In den vorangehenden Blogeinträgen haben wir diverse Projekte aus unterschiedlichen Bereichen vorgestellt. In diesem Blogeintrag möchten wir nun auf potentielle Risiken und Gefahren von Smart Cities hinweisen.
Auslagerung öffentlicher Aufgaben an Privatunternehmen:
Der Unterhalt und die Betreuung städtischer Infrastrukturen werden vermehrt in die Hände privater Firmen gegeben. Damit geraten Aufgaben der öffentlichen Verwaltung in private Hände. Private Firmen sind in erster Linie gewinnorientiert und unterstehen keinem Versorgungs- oder Unterhaltsauftrag gegenüber der Bevölkerung. Damit können sie auch gegen die Interessen der Bevölkerung und der Gesellschaft handeln.
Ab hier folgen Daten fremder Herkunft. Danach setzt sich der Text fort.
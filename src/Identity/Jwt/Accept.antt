-- ===== src/Identity/Jwt/Accept.antt =====
-- The tokens that `inspect_token` (app/identity/jwt_service.py) accepts.
use bu_iam.Prelude.{
  ℕ, String, ◌≡◌, ◌≢◌, refl, sym, ◌∙◌, ap, subst, inl, inr, true, false, Option, none, some,
  or_else, truthy, Bool-cases, Option-cases,
}
use bu_iam.Prelude.Result.{ok, err, Result-cases, >>=-eq-ok}
use bu_iam.Json.{Json, obj, Fields, end, get}
use bu_iam.Libs.{Libs}
use bu_iam.Protocol.{AuthContext, DelegationCredential}
use bu_iam.Protocol.Errors.{Read}
use bu_iam.World.{World, StoredToken}
use bu_iam.Store.DidRegistry.{get_did_document}
use bu_iam.Store.Credentials.{get_credential}
use bu_iam.Store.Tokens.{get_token, mark_jti_seen, jti_known}
use bu_iam.Identity.Resolver.{str_or}
use bu_iam.Identity.Jwt.Checks.{Failure, Token, dict_of, read_token, check_token}
use bu_iam.Identity.Jwt.{
  TokenVerificationResult, claim_int, failed_token_result, fail, verified_result, stored_context,
  check_credential, check_stored, inspect_stored, inspect_claims, inspect_checked, inspect_read,
  inspect_token,
}
use bu_iam.Delegation.Credential.Check.{verify_credential_integrity}
use bu_iam.Delegation.Credential.Context.{auth_context_from_credential}

-- Where a context comes from: the token's row, or the intact credential that the row names.
pub data Source (lib : Libs) (w : World) (s : StoredToken) : AuthContext → Type 0 where
  from_row : truthy s.credential_id ≡ false → Source lib w s (stored_context s)
  from_credential :
      (c : DelegationCredential)
      → get_credential (or_else s.credential_id "") w ≡ some c
      → verify_credential_integrity lib c w ≡ true
      → c.revoked ≡ false
      → Source lib w s (auth_context_from_credential c (some s.jti) (some s.actor_type))

-- An accepted token: it has passed the checks, its id is that of a stored token that is not
-- revoked, and the context is the stored token's.
pub record Trusted (lib : Libs) (token : String) (w : World) (a : AuthContext) : Type 0 where
  pub parts : Token
  pub is_read : read_token lib token ≡ some parts
  pub passed : check_token lib parts w ≡ ok none
  pub claims : Fields
  pub are_claims : dict_of parts.claims ≡ ok claims
  pub stored : StoredToken
  pub found : get_token (str_or lib "jti" "" claims) w ≡ some stored
  pub unrevoked : stored.revoked ≡ false
  pub source : Source lib w stored a

failed-no_context :
    (lib : Libs) (token : String) (claims : Json) (now : ℕ) (f : Failure)
    (r : TokenVerificationResult) (a : AuthContext)
    → failed_token_result lib token claims now f ≡ ok r
    → r.auth_context ≢ some a
unfolding failed_token_result
failed-no_context lib token claims now f r a h has =
    let (fields, _, h₁) = >>=-eq-ok (dict_of claims) _ h in
    let (issued, _, h₂) = >>=-eq-ok (claim_int lib (get "iat" fields)) _ h₁ in
    let (expires, _, h₃) = >>=-eq-ok (claim_int lib (get "exp" fields)) _ h₂ in
    absurd (cc (h₃, has))

-- The writes of `mark_jti_seen` reach no other table.
integrity-mark :
    (lib : Libs) (c : DelegationCredential) (jti : String) (w : World)
    → verify_credential_integrity lib c (mark_jti_seen jti w) ≡ verify_credential_integrity lib c w
unfolding verify_credential_integrity mark_jti_seen get_did_document
integrity-mark lib c jti w = elim (Bool-cases (jti_known jti w.jti_seen)) [
  | inl known ↦ rw known refl
  | inr fresh ↦ rw fresh refl
]

get_credential-mark :
    (cid jti : String) (w : World) → get_credential cid (mark_jti_seen jti w) ≡ get_credential cid w
unfolding get_credential mark_jti_seen
get_credential-mark cid jti w = elim (Bool-cases (jti_known jti w.jti_seen)) [
  | inl known ↦ rw known refl
  | inr fresh ↦ rw fresh refl
]

verified-context :
    (lib : Libs) (token : String) (claims : Fields) (s : StoredToken) (x : AuthContext) (w : World)
    (r : TokenVerificationResult) (a : AuthContext)
    → verified_result lib token claims s x w ≡ ok r
    → r.auth_context ≡ some a
    → x ≡ a
unfolding verified_result
verified-context lib token claims s x w r a h has =
    let (issued, _, h₁) = >>=-eq-ok (claim_int lib (get "iat" claims)) _ h in cc (h₁, has)

check_credential-Source :
    (lib : Libs) (token : String) (claims : Fields) (s : StoredToken)
    (found : Option DelegationCredential) (w : World) (r : TokenVerificationResult)
    (a : AuthContext)
    → get_credential (or_else s.credential_id "") w ≡ found
    → check_credential lib token claims s found w ≡ ok r
    → r.auth_context ≡ some a
    → Source lib w s a
unfolding check_credential fail
check_credential-Source lib token claims s none w r a e h has =
    absurd (failed-no_context lib token (obj claims) w.clock _ r a h has)
check_credential-Source lib token claims s (some c) w r a e h has =
    elim (Bool-cases (verify_credential_integrity lib c w)) [
      | inr broken ↦
          absurd (failed-no_context lib token (obj claims) w.clock _ r a (rw broken at h) has)
      | inl intact ↦ elim (Bool-cases c.revoked) [
        | inl revoked ↦ absurd (
            failed-no_context lib token (obj claims) w.clock _ r a (simp (intact, revoked) at h)
              has)
        | inr live ↦
            let x = auth_context_from_credential c (some s.jti) (some s.actor_type) in
            subst (Source lib w s)
              (verified-context lib token claims s x w r a (simp (intact, live) at h) has)
              (from_credential c e intact live)
      ]
    ]

check_stored-Source :
    (lib : Libs) (token : String) (claims : Fields) (s : StoredToken) (w : World)
    (r : TokenVerificationResult) (a : AuthContext)
    → check_stored lib token claims s w ≡ ok r
    → r.auth_context ≡ some a
    → Source lib w s a
unfolding check_stored
check_stored-Source lib token claims s w r a h has = elim (Bool-cases (truthy s.credential_id)) [
  | inl named ↦
      check_credential-Source lib token claims s (get_credential (or_else s.credential_id "") w) w r
        a refl (rw named at h) has
  | inr plain ↦
      subst (Source lib w s)
        (verified-context lib token claims s (stored_context s) w r a (rw plain at h) has)
        (from_row plain)
]

Source-mark :
    (lib : Libs) (jti : String) (w : World) (s : StoredToken) (a : AuthContext)
    → Source lib (mark_jti_seen jti w) s a
    → Source lib w s a
Source-mark lib jti w s _ (from_row plain) = from_row plain
Source-mark lib jti w s _ (from_credential c found intact live) =
    from_credential c (sym (get_credential-mark (or_else s.credential_id "") jti w) ∙ found)
      (sym (integrity-mark lib c jti w) ∙ intact) live

inspect_stored-Source :
    (lib : Libs) (token : String) (claims : Fields) (o : Option StoredToken) (w w' : World)
    (r : TokenVerificationResult) (a : AuthContext)
    → inspect_stored lib token claims o w ≡ (ok r, w')
    → r.auth_context ≡ some a
    → (s : StoredToken) × (o ≡ some s) × (s.revoked ≡ false) × Source lib w s a
unfolding inspect_stored fail
inspect_stored-Source lib token claims none w w' r a h has =
    absurd (failed-no_context lib token (obj claims) w.clock _ r a (ap (λ q. q.0) h) has)
inspect_stored-Source lib token claims (some s) w w' r a h has = elim (Bool-cases s.revoked) [
  | inl revoked ↦ absurd (
      failed-no_context lib token (obj claims) w.clock _ r a (ap (λ q. q.0) (simp revoked at h))
        has)
  | inr live ↦
      let checked : check_stored lib token claims s (mark_jti_seen s.jti w) ≡ ok r =
        ap (λ q. q.0) (simp live at h) in
      (
        s,
        refl,
        live,
        Source-mark lib s.jti w s a
            (check_stored-Source lib token claims s (mark_jti_seen s.jti w) r a checked has),
      )
]

checked-Trusted :
    (lib : Libs) (token : String) (t : Token) (early : Read (Option Failure)) (w w' : World)
    (r : TokenVerificationResult) (a : AuthContext)
    → read_token lib token ≡ some t
    → check_token lib t w ≡ early
    → inspect_checked lib token t early w ≡ (ok r, w')
    → r.auth_context ≡ some a
    → Trusted lib token w a
unfolding inspect_checked inspect_claims
checked-Trusted lib token t (err e) w w' r a is_read e' h has =
    absurd (failed-no_context lib token t.claims w.clock _ r a (ap (λ q. q.0) h) has)
checked-Trusted lib token t (ok (some f)) w w' r a is_read e' h has =
    absurd (failed-no_context lib token t.claims w.clock _ r a (ap (λ q. q.0) h) has)
checked-Trusted lib token t (ok none) w w' r a is_read passed h has =
    elim (Result-cases (dict_of t.claims)) [
      | inl (e, no_dict) ↦ absurd (cc (ap (λ q. q.0) (rw no_dict at h)))
      | inr (claims, are_claims) ↦
          let (s, found, unrevoked, source) =
            inspect_stored-Source lib token claims (get_token (str_or lib "jti" "" claims) w) w w' r
              a (rw are_claims at h) has in
          record {
            parts = t;
            is_read = is_read;
            passed = passed;
            claims = claims;
            are_claims = are_claims;
            stored = s;
            found = found;
            unrevoked = unrevoked;
            source = source;
          }
    ]

-- If `inspect_token` returns a result with a context, the token's parts pass the checks, the id in
-- its claims is that of a stored token that is not revoked, and the context is the stored token's,
-- or that of the credential that its row names, which is stored, intact and not revoked.
pub inspect_token-Trusted :
    (lib : Libs) (token : String) (w w' : World) (r : TokenVerificationResult) (a : AuthContext)
    → inspect_token lib token w ≡ (ok r, w')
    → r.auth_context ≡ some a
    → Trusted lib token w a
unfolding inspect_token inspect_read
inspect_token-Trusted lib token w w' r a h has = elim (Option-cases (read_token lib token)) [
  | inl unread ↦
      absurd
        (failed-no_context lib token (obj end) w.clock _ r a (ap (λ q. q.0) (rw unread at h)) has)
  | inr (t, is_read) ↦
      checked-Trusted lib token t (check_token lib t w) w w' r a is_read refl (rw is_read at h) has
]
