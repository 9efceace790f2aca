-- ===== src/Gateway/Bearer/Verified.antt =====
-- The requests that `verify_bearer_for_envelope` (app/gateway/routes.py) lets through.
use bu_iam.Prelude.{String, ◌≡◌, refl, ap, subst, inl, inr, Option, some, Option-cases}
use bu_iam.Prelude.Result.{ok, err}
use bu_iam.Libs.{Libs}
use bu_iam.Protocol.{AuthContext, DelegationEnvelope}
use bu_iam.Protocol.Errors.{http_exception, Read}
use bu_iam.World.{World}
use bu_iam.Identity.Jwt.{TokenVerificationResult, inspect_token}
use bu_iam.Identity.Jwt.Accept.{Trusted, inspect_token-Trusted}
use bu_iam.Gateway.Bearer.{
  bearer_token, require_context, check_inspected, verify_bearer, verify_bearer_for_envelope,
}

require_context-ok :
    (e : DelegationEnvelope) (r r' : TokenVerificationResult) (w w' : World)
    → require_context e r w ≡ (ok r', w')
    → (a : AuthContext) × (r.auth_context ≡ some a) × (r ≡ r')
unfolding require_context
require_context-ok e r r' w w' h = elim (Option-cases r.auth_context) [
  | inl nobody ↦ absurd (cc (ap (λ q. q.0) (simp (require_context, nobody) at h)))
  | inr (a, has) ↦ (a, has, cc (ap (λ q. q.0) (simp (require_context, has) at h)))
]

check_inspected-ok :
    (e : DelegationEnvelope) (out : Read TokenVerificationResult) (r : TokenVerificationResult)
    (w w' : World)
    → check_inspected e out w ≡ (ok r, w')
    → (a : AuthContext) × (r.auth_context ≡ some a) × (out ≡ ok r)
unfolding check_inspected
check_inspected-ok e (err x) r w w' h = absurd (cc (ap (λ q. q.0) h))
check_inspected-ok e (ok r') r w w' h =
    let (a, has, same) = require_context-ok e r' r w w' h in
    (a, subst (λ (x : TokenVerificationResult). x.auth_context ≡ some a) same has, ap ok same)

verify_bearer-ok :
    (lib : Libs) (e : DelegationEnvelope) (authorization : Option String) (found : Read String)
    (r : TokenVerificationResult) (w w' : World)
    → verify_bearer lib e authorization found w ≡ (ok r, w')
    → (token : String) × (a : AuthContext) × (found ≡ ok token)
      × (r.auth_context ≡ some a)
      × Trusted lib token w a
unfolding verify_bearer
verify_bearer-ok lib e authorization (err (http_exception status code message)) r w w' h =
    absurd (cc (ap (λ q. q.0) h))
verify_bearer-ok lib e authorization (err _) r w w' h = absurd (cc (ap (λ q. q.0) h))
verify_bearer-ok lib e authorization (ok token) r w w' h =
    let out = inspect_token lib token w in
    let (a, has, same) = check_inspected-ok e out.0 r out.1 w' h in
    (
      token,
      a,
      refl,
      has,
      inspect_token-Trusted lib token w out.1 r a (ap (λ x. (x, out.1)) same) has,
    )

-- If `verify_bearer_for_envelope` returns a result, the header holds a bearer token, the result
-- has a context, and the token is one that `inspect_token` trusts for that context: it passes the
-- checks and its id is that of a stored token that is not revoked.
pub verify_bearer-Trusted :
    (lib : Libs) (e : DelegationEnvelope) (authorization : Option String)
    (r : TokenVerificationResult) (w w' : World)
    → verify_bearer_for_envelope lib e authorization w ≡ (ok r, w')
    → (token : String) × (a : AuthContext) × (bearer_token authorization ≡ ok token)
      × (r.auth_context ≡ some a)
      × Trusted lib token w a
unfolding verify_bearer_for_envelope
verify_bearer-Trusted lib e authorization r w w' h =
    verify_bearer-ok lib e authorization (bearer_token authorization) r w w' h
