-- ===== src/LinkedList/Middle.antt =====
-- Remove of lib/list.cc, as an operation on a sequence of items.
use nachos_assignment.LinkedList.{
  Element, Heap, LinkedList, set_next, free, remove_from, same_pointer,
}
use nachos_assignment.LinkedList.Chain.{IsChain, addresses, items, last_of, IsChain-set, among_ne}
use nachos_assignment.Base.{
  ℕ, zero, suc, ◌-◌, ◌<◌, ◌≡◌, refl, sym, ap, ◌∙◌, subst, inl, inr, true, false, Option, none, some,
  List, [], ◌∷◌, arith, ◌==◌, if◌then◌else◌, Bool-cases, length, get_elem?, set, length-set,
  get_elem?-set_self, get_elem?-set_ne, get_elem?_inside, among, IsDistinct, ok,
}

-- The sequence without the first element that has the item.
unfoldable pub without : ℕ → List (ℕ × ℕ) → List (ℕ × ℕ)
without item [] = []
without item (c ∷ cs) = let rest = without item cs in if item == c.1 then cs else c ∷ rest

-- The heap and the list after the loop of Remove took `item` out behind the element at `a`.
pub record Unlinked (heap h2 : Heap) (l l2 : LinkedList) (a x : ℕ) (cs : List (ℕ × ℕ)) (item : ℕ)
    : Type 0 where
  pub chain : IsChain h2 (some a) ((a, x) ∷ without item cs)
  pub frame : (k : ℕ) → among k (a ∷ addresses cs) ≡ false → get_elem? h2 k ≡ get_elem? heap k
  pub size : length h2 ≡ length heap
  pub ends : l2.last ≡ last_of ((a, x) ∷ without item cs)
  pub head : l2.first ≡ l.first
  pub count : l2.num_in_list ≡ l.num_in_list - 1

new_last :
    (heap : Heap) (l : LinkedList) (a x b y : ℕ) (q : Option ℕ) (cs : List (ℕ × ℕ))
    → IsChain heap q cs
    → l.last ≡ last_of ((a, x) ∷ (b, y) ∷ cs)
    → (if same_pointer q none then some a else l.last) ≡ last_of ((a, x) ∷ cs)
new_last heap l a x b y q [] e h = rw e refl
new_last heap l a x b y q (c ∷ cs) (start, more) h = rw start h

pub hit :
    (c : ℕ × ℕ) (cs : List (ℕ × ℕ)) (item : ℕ) → (item == c.1) ≡ true → without item (c ∷ cs) ≡ cs
unfolding without
hit c cs item h = rw h refl

pub miss :
    (c : ℕ × ℕ) (cs : List (ℕ × ℕ)) (item : ℕ)
    → (item == c.1) ≡ false
    → without item (c ∷ cs) ≡ c ∷ without item cs
unfolding without
miss c cs item h = rw h refl

pub take_out :
    (rounds : ℕ) (heap : Heap) (l : LinkedList) (a x : ℕ) (ptr : Option ℕ) (cs : List (ℕ × ℕ))
    (item : ℕ)
    → get_elem? heap a ≡ some (some (record { item = x; next = ptr }))
    → IsChain heap ptr cs
    → IsDistinct (a ∷ addresses cs)
    → among item (items cs) ≡ true
    → length cs < rounds
    → l.last ≡ last_of ((a, x) ∷ cs)
    → (h2 : Heap) × (l2 : LinkedList) × (remove_from rounds heap l (some a) ptr item ≡ ok (h2, l2))
      × Unlinked heap h2 l l2 a x cs item
unfolding remove_from among
take_out zero heap l a x ptr cs item here chain d there few at_end = absurd (omega arith)
take_out (suc rounds) heap l a x ptr [] item here chain d there few at_end =
    absurd (ground (arith, there))
take_out (suc rounds) heap l a x ptr (c ∷ cs) item here (start, (q, next_here, rest)) d there few
      at_end =
    let (ne, apart) = among_ne a c.0 (addresses cs) d.0 in
    elim (Bool-cases (item == c.1)) [
      | inl same ↦
          let v : Option Element = some (record { item = x; next = q }) in
          let h1 : Heap = set heap a v in
          let h2 : Heap = set h1 c.0 none in
          let still : get_elem? h1 c.0 ≡ some (some (record { item = c.1; next = q })) =
            get_elem?-set_ne heap {i = a} {j = c.0} v ne ∙ next_here in
          let linked : set_next heap (some a) q ≡ ok h1 = unfold set_next in rw here refl in
          let released : free h1 (some c.0) ≡ ok h2 = unfold free in rw still refl in
          (
            h2,
            record l {
              last = if same_pointer q none then some a else l.last;
              num_in_list = l.num_in_list - 1;
            },
            rw (start, next_here, same, linked, released) refl,
            record {
              chain =
                  subst (λ t. IsChain h2 (some a) ((a, x) ∷ t)) (sym (hit c cs item same))
                    (
                      refl,
                      (
                        q,
                        get_elem?-set_ne h1 {i = c.0} {j = a} none (λ e. ne (sym e))
                            ∙ get_elem?-set_self heap a v (get_elem?_inside heap a _ here),
                        IsChain-set h1 q cs c.0 none d.1.0 (IsChain-set heap q cs a v apart rest),
                      ),
                    );
              frame = λ k others.
                  let (ka, more) = among_ne k a (c.0 ∷ addresses cs) others in
                  let (kc, rest') = among_ne k c.0 (addresses cs) more in
                  get_elem?-set_ne h1 {i = c.0} {j = k} none (λ e. kc (sym e))
                  ∙ get_elem?-set_ne heap {i = a} {j = k} v (λ e. ka (sym e));
              size = length-set h1 c.0 none ∙ length-set heap a v;
              ends =
                  new_last heap l a x c.0 c.1 q cs rest at_end
                  ∙ ap (λ t. last_of ((a, x) ∷ t)) (sym (hit c cs item same));
              head = refl;
              count = refl;
            },
          )
      | inr other ↦
          let (h2, l2, e, u) =
            take_out rounds heap l c.0 c.1 q cs item next_here rest d.1
              (ground (arith, there, other)) (omega arith) at_end in
          (
            h2,
            l2,
            rw (start, next_here, other) e,
            record {
              chain =
                  subst (λ t. IsChain h2 (some a) ((a, x) ∷ t)) (sym (miss c cs item other))
                    (
                      refl,
                      (
                        ptr,
                        u.frame a d.0 ∙ here,
                        subst (λ t. IsChain h2 t (c ∷ without item cs)) (sym start) u.chain,
                      ),
                    );
              frame = λ k others. u.frame k (among_ne k a (c.0 ∷ addresses cs) others).1;
              size = u.size;
              ends = u.ends ∙ ap (λ t. last_of ((a, x) ∷ t)) (sym (miss c cs item other));
              head = u.head;
              count = u.count;
            },
          )
    ]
Datenschutz und Privatsphäre:
Daten werden heute weniger für einen bestimmten Zweck erhoben, sondern sie werden für das Funktionieren zahlloser Dienste vorausgesetzt. Je mehr Daten verfügbar sind, je mehr sie sich in Beziehung setzen lassen, desto genauer sind die Berechnungen und die Aussagen über die Menschen dahinter, so lautet das Versprechen der Big-Data-Bewegung. Intelligente Verknüpfungen erlauben das Finden verborgener Zusammenhänge. Damit ist das Recht jedes Menschen auf ein unbeobachtetes Leben, auf ein Privatleben, in Gefahr. Damit wird auch der Satz „Ich habe nichts zu verbergen“ mehr und mehr zu einer Illusion. Dabei ist die die grosse Gefahr nicht unbedingt einmal das Datensammeln an sich, sondern wie die Daten interpretiert und welche Schlüsse daraus gezogen werden. Behörden nutzen Big Data hauptsächlich zur automatisierten Analyse öffentlichen Verhaltens nach verdächtigen Vorfällen und das Treffen von Verdachtsannahmen. Dabei gilt: Fast jeder ist verdächtig. Untenstehende Grafik ist ein Beispiel für solche Verdachtsannahmen:
Quelle: http://media.arbeiterkammer.at/PDF/AK_Stadt_Nr_1_2014.pdf
Private Unternehmen hingegen sind mehr daran interessiert, Beziehungs- und Kontaktnetzwerke, die geheimen Wünsche und Sehnsüchte, Vorurteile und Klischees aufzudecken. Klar ist: Durch die Umsetzung von Smart Cities-Konzepten werden noch mehr Datenströme generiert werden. Generell sind Fragen der Datensicherheit und der Schutz der Privatsphäre nicht geklärt. Hier wäre für die EU eine „Grundrechtecharta der Informationsgesellschaft“ erforderlich, welche beispielsweise das „Recht auf unversehrte persönliche Informationsinfrastruktur“, der „Schutz vor willkürlichen Datenverknüpfungen“ oder das „Recht auf Entsorgung von Information“ („Recht auf Vergessen werden“) verankert. Für die Schweiz müsste ebenfalls geprüft werden, wie diese Persönlichkeitsrechte verankert werden könnten. Solange diese offenen Fragen und Probleme nicht gelöst sind, sind Smart Cities ein perfektes Instrument zur Massenüberwachung.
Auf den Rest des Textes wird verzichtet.